Assessment is the linchpin of the kill chain — the thread that links all of the steps together into an operational methodology — yet it is the most undervalued of all the elements. Assessment is far more than an intelligence evaluation. From a space warfare perspective, assessment in, through, and from the space domain marries intelligence with education and experience to understand what is happening as it happens and why it matters toward achieving larger national security objectives. A kill chain approach would improve the coordination needed to actually figure out how to monitor engagements in space while providing the foundation for feeding that knowledge back into the organizations responsible for engagement — all so space-minded warfighters can adapt and improve faster than the adversary can.

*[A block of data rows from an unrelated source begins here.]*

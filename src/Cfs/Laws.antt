-- ===== src/Cfs/Laws.antt =====
-- How a method goes on behind a step whose outcome is known.
use rtslib_fb.Prelude.{
  ◌≡◌, refl, ap, sym, ◌∙◌, ◌⊎◌, inl, inr, Bool, true, false, some, Text, List, [], ◌∷◌, ◌++◌, Exn,
  Result, ok, err, all, if◌then◌else◌, arith,
}
use rtslib_fb.Cfs.{
  FsPath, Fs, content, is_file_in, is_dir_in, Kernel, World, M, pure, ◌>>=◌, ◌>>◌, try_except,
  any_exn, raise, for_until, for_each,
}

module _ {A B : Type 0} where
  -- The rest of a method, given the outcome of its first step.
  abbrev resume : (A → M B) → Result A × World → Result B × World
  resume f (ok a, w) = f a w
  resume f (err e, w) = (err e, w)

  bind_resume : (m : M A) (f : A → M B) (w : World) → (m >>= f) w ≡ resume f (m w)
  bind_resume m f w = from (m w)
    where
      from :
          (r : Result A × World)
          → (let (x, w') = r in elim x [ ok a ↦ f a w' | err e ↦ (err e, w') ]) ≡ resume f r
      from (ok a, w') = refl
      from (err e, w') = refl

  pub bind_ok :
      (m : M A) (f : A → M B) (w : World) {w' : World} {a : A}
      → m w ≡ (ok a, w')
      → (m >>= f) w ≡ f a w'
  bind_ok m f w h = bind_resume m f w ∙ ap (resume f) h

  pub bind_err :
      (m : M A) (f : A → M B) (w : World) {w' : World} {e : Exn}
      → m w ≡ (err e, w')
      → (m >>= f) w ≡ (err e, w')
  bind_err m f w h = bind_resume m f w ∙ ap (resume f) h

  pub bind_cong : (m n : M A) (f : A → M B) (w : World) → m w ≡ n w → (m >>= f) w ≡ (n >>= f) w
  bind_cong m n f w e = bind_resume m f w ∙ ap (resume f) e ∙ sym (bind_resume n f w)

module _ {A : Type 0} where
  abbrev handled : (Exn → Bool) → (Exn → M A) → Result A × World → Result A × World
  handled catches handler (ok a, w) = (ok a, w)
  handled catches handler (err e, w) = if catches e then handler e w else (err e, w)

  try_handled :
      (m : M A) (catches : Exn → Bool) (handler : Exn → M A) (w : World)
      → try_except m catches handler w ≡ handled catches handler (m w)
  try_handled m catches handler w = from (m w)
    where
      from :
          (r : Result A × World)
          → (let (x, w') = r in
              elim x [
                | ok a ↦ (ok a, w')
                | err e ↦ (if catches e then handler e w' else (err e, w'))
              ])
            ≡ handled catches handler r
      from (ok a, w') = refl
      from (err e, w') = refl

  pub try_ok :
      (m : M A) (catches : Exn → Bool) (handler : Exn → M A) (w : World) {w' : World} {a : A}
      → m w ≡ (ok a, w')
      → try_except m catches handler w ≡ (ok a, w')
  try_ok m catches handler w h = try_handled m catches handler w ∙ ap (handled catches handler) h

  pub try_err :
      (m : M A) (catches : Exn → Bool) (handler : Exn → M A) (w : World) {w' : World} {e : Exn}
      → m w ≡ (err e, w')
      → try_except m catches handler w ≡ (if catches e then handler e w' else (err e, w'))
  try_err m catches handler w h = try_handled m catches handler w ∙ ap (handled catches handler) h

  -- A run either returns or raises.
  pub outcome :
      (r : Result A × World)
      → ((a : A) × (w : World) × (r ≡ (ok a, w))) ⊎ ((e : Exn) × (w : World) × (r ≡ (err e, w)))
  outcome (ok a, w) = inl (a, w, refl)
  outcome (err e, w) = inr (e, w, refl)

module _ {A : Type 0} (test : A → Bool) where
  -- A loop whose rounds all do nothing.
  pub for_until_idle :
      (xs : List A) (body : A → M Bool) (w : World)
      → ((x : A) → test x ≡ true → body x w ≡ (ok false, w))
      → all test xs ≡ true
      → for_until xs body w ≡ (ok tt, w)
  for_until_idle [] body w idle h = refl
  for_until_idle (x ∷ xs) body w idle h =
      bind_ok (body x) (λ stop. if stop then pure tt else for_until xs body) w
        (idle x (ground arith))
      ∙ for_until_idle xs body w idle (ground arith)

-- A file that can be read is a file.
pub is_file-content :
    (p : FsPath) (fs : Fs) (s : Text) → content p fs ≡ some s → is_file_in p fs ≡ true
is_file-content p fs s h = ground arith

-- The kernel's side: a readable attribute that takes a write holds the text that was written, and
-- the object stays.
pub record Stores (k : Kernel) (p attribute : FsPath) : Type 0 where
  pub stores :
      (s : Text) (fs fs' : Fs)
      → k.write (attribute ++ p) s fs ≡ some fs'
      → content (attribute ++ p) fs' ≡ some s
  pub stays :
      (s : Text) (fs fs' : Fs)
      → k.write (attribute ++ p) s fs ≡ some fs'
      → is_dir_in p fs ≡ true
      → is_dir_in p fs' ≡ true

module _ {A B : Type 0} where
  -- What has returned has gone through its first step.
  pub bind_inv :
      (m : M A) (f : A → M B) (w : World) {b : B} {w'' : World}
      → (m >>= f) w ≡ (ok b, w'')
      → (a : A) × (w' : World) × (m w ≡ (ok a, w')) × (f a w' ≡ (ok b, w''))
  bind_inv m f w {b} {w''} h = elim (outcome (m w)) [
    | inl (a, w', done) ↦ (a, w', done, sym (bind_ok m f w done) ∙ h)
    | inr (e, w', failed) ↦
        let x : ◌≡◌ {A = Result B × World} (err e, w') (ok b, w'') =
          sym (bind_err m f w failed) ∙ h in
        absurd (ground arith)
  ]

-- The kernel's side: a write to an attribute of one object changes neither that of another nor
-- whether the other is there.
pub record Apart (k : Kernel) (p q attribute : FsPath) : Type 0 where
  pub keeps :
      (s : Text) (fs fs' : Fs)
      → k.write (attribute ++ p) s fs ≡ some fs'
      → content (attribute ++ q) fs' ≡ content (attribute ++ q) fs
  pub stands :
      (s : Text) (fs fs' : Fs)
      → k.write (attribute ++ p) s fs ≡ some fs'
      → is_dir_in q fs ≡ true
      → is_dir_in q fs' ≡ true

module _ {A : Type 0} where
  -- A loop that has returned has gone through its first round.
  pub for_each_inv :
      (x : A) (xs : List A) (body : A → M (Unit {0})) (w : World) {w'' : World}
      → for_each (x ∷ xs) body w ≡ (ok tt, w'')
      → (w' : World) × (body x w ≡ (ok tt, w')) × (for_each xs body w' ≡ (ok tt, w''))
  for_each_inv x xs body w h =
      let r = bind_inv (body x) (λ u. for_each xs body) w h in (r.1, r.2, r.3)

-- The kernel's side: a directory that was removed is not there, and no other appears.
pub record RemovesDirectories (k : Kernel) : Type 0 where
  pub removes : (p : FsPath) (fs fs' : Fs) → k.rmdir p fs ≡ some fs' → is_dir_in p fs' ≡ false
  pub makes_none :
      (p q : FsPath) (fs fs' : Fs)
      → k.rmdir p fs ≡ some fs'
      → is_dir_in q fs ≡ false
      → is_dir_in q fs' ≡ false

-- Where the method returns, the world has the property.
abbrev pub Ends : (World → Type 0) → M (Unit {0}) → Type 0
Ends P m = (w w' : World) → m w ≡ (ok tt, w') → P w'

pub bind-Ends :
    {A : Type 0} (P : World → Type 0) (m : M A) (f : A → M (Unit {0}))
    → ((a : A) → Ends P (f a))
    → Ends P (m >>= f)
bind-Ends P m f last w w' h = let (a, v, first, rest) = bind_inv m f w h in last a v w' rest

-- Steps, and then the last one.
abbrev pub steps : List (M (Unit {0})) → M (Unit {0}) → M (Unit {0})
steps [] last = last
steps (m ∷ ms) last = m >> steps ms last

pub steps-Ends :
    (P : World → Type 0) (ms : List (M (Unit {0}))) (last : M (Unit {0}))
    → Ends P last
    → Ends P (steps ms last)
steps-Ends P [] last ends = ends
steps-Ends P (m ∷ ms) last ends =
    bind-Ends P m (λ u. steps ms last) (λ u. steps-Ends P ms last ends)

-- Where a step raises, a handler that undoes what was done before returns, and raises the same again.
pub undone :
    (m undo : M (Unit {0})) (w : World) {w' w'' : World} {e : Exn}
    → m w ≡ (err e, w')
    → undo w' ≡ (ok tt, w'')
    → try_except m any_exn (λ e. undo >> raise e) w ≡ (err e, w'')
undone m undo w {w'} {w''} {e} failed back =
    try_err m any_exn (λ e. undo >> raise e) w failed ∙ bind_ok undo (λ t. raise e) w' back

Building the Kill Chain in Space

With a charge to organize, train, and equip forces to assure unfettered access to, deter aggression in, and project power from the space domain, America’s future space force can draw upon the U.S. Air Force’s decades of experience in air and space operations. However, the fielding of new weapons alone will not be enough to overcome systemic hurdles in today’s space operations mindset. A kill chain approach will prepare U.S. space warfighters to effectively use current and future capabilities to find, fix, and track hostile targets in the space domain, seize the initiative, and quickly assess engagement to achieve national defense objectives. As the U.S. Air Force prepares to conceive a new service, now is the time to develop its space warfighter mindset so that future joint all-domain capabilities will have the range and interconnectedness to compete, deter adversaries, and win in space.

 

 

Raj Agrawal is a graduate of the U.S. Air Force Weapons School and the School of Advanced Air and Space Studies, and is a distinguished graduate of the Dwight D. Eisenhower School and the Air Command and Staff College. He has a PhD in Business Administration from Northcentral University. He served as commander for the 20th Space Control Squadron from 2016 to 2018 and as a space integrator in five different Air and Space Operations Centers from 2007 to 2012.

Christopher Fernengel is a graduate of the U.S. Air Force Weapons School, the Joint and Combined Warfighting School, and the Air Command and Staff College and a distinguished graduate of the College of Naval Command and Staff and the Marine Corps War College. He served as commander of the 4th Space Control Squadron from 2016 to 2018 and commander of the 17th Expeditionary Space Control Squadron in Afghanistan in 2018.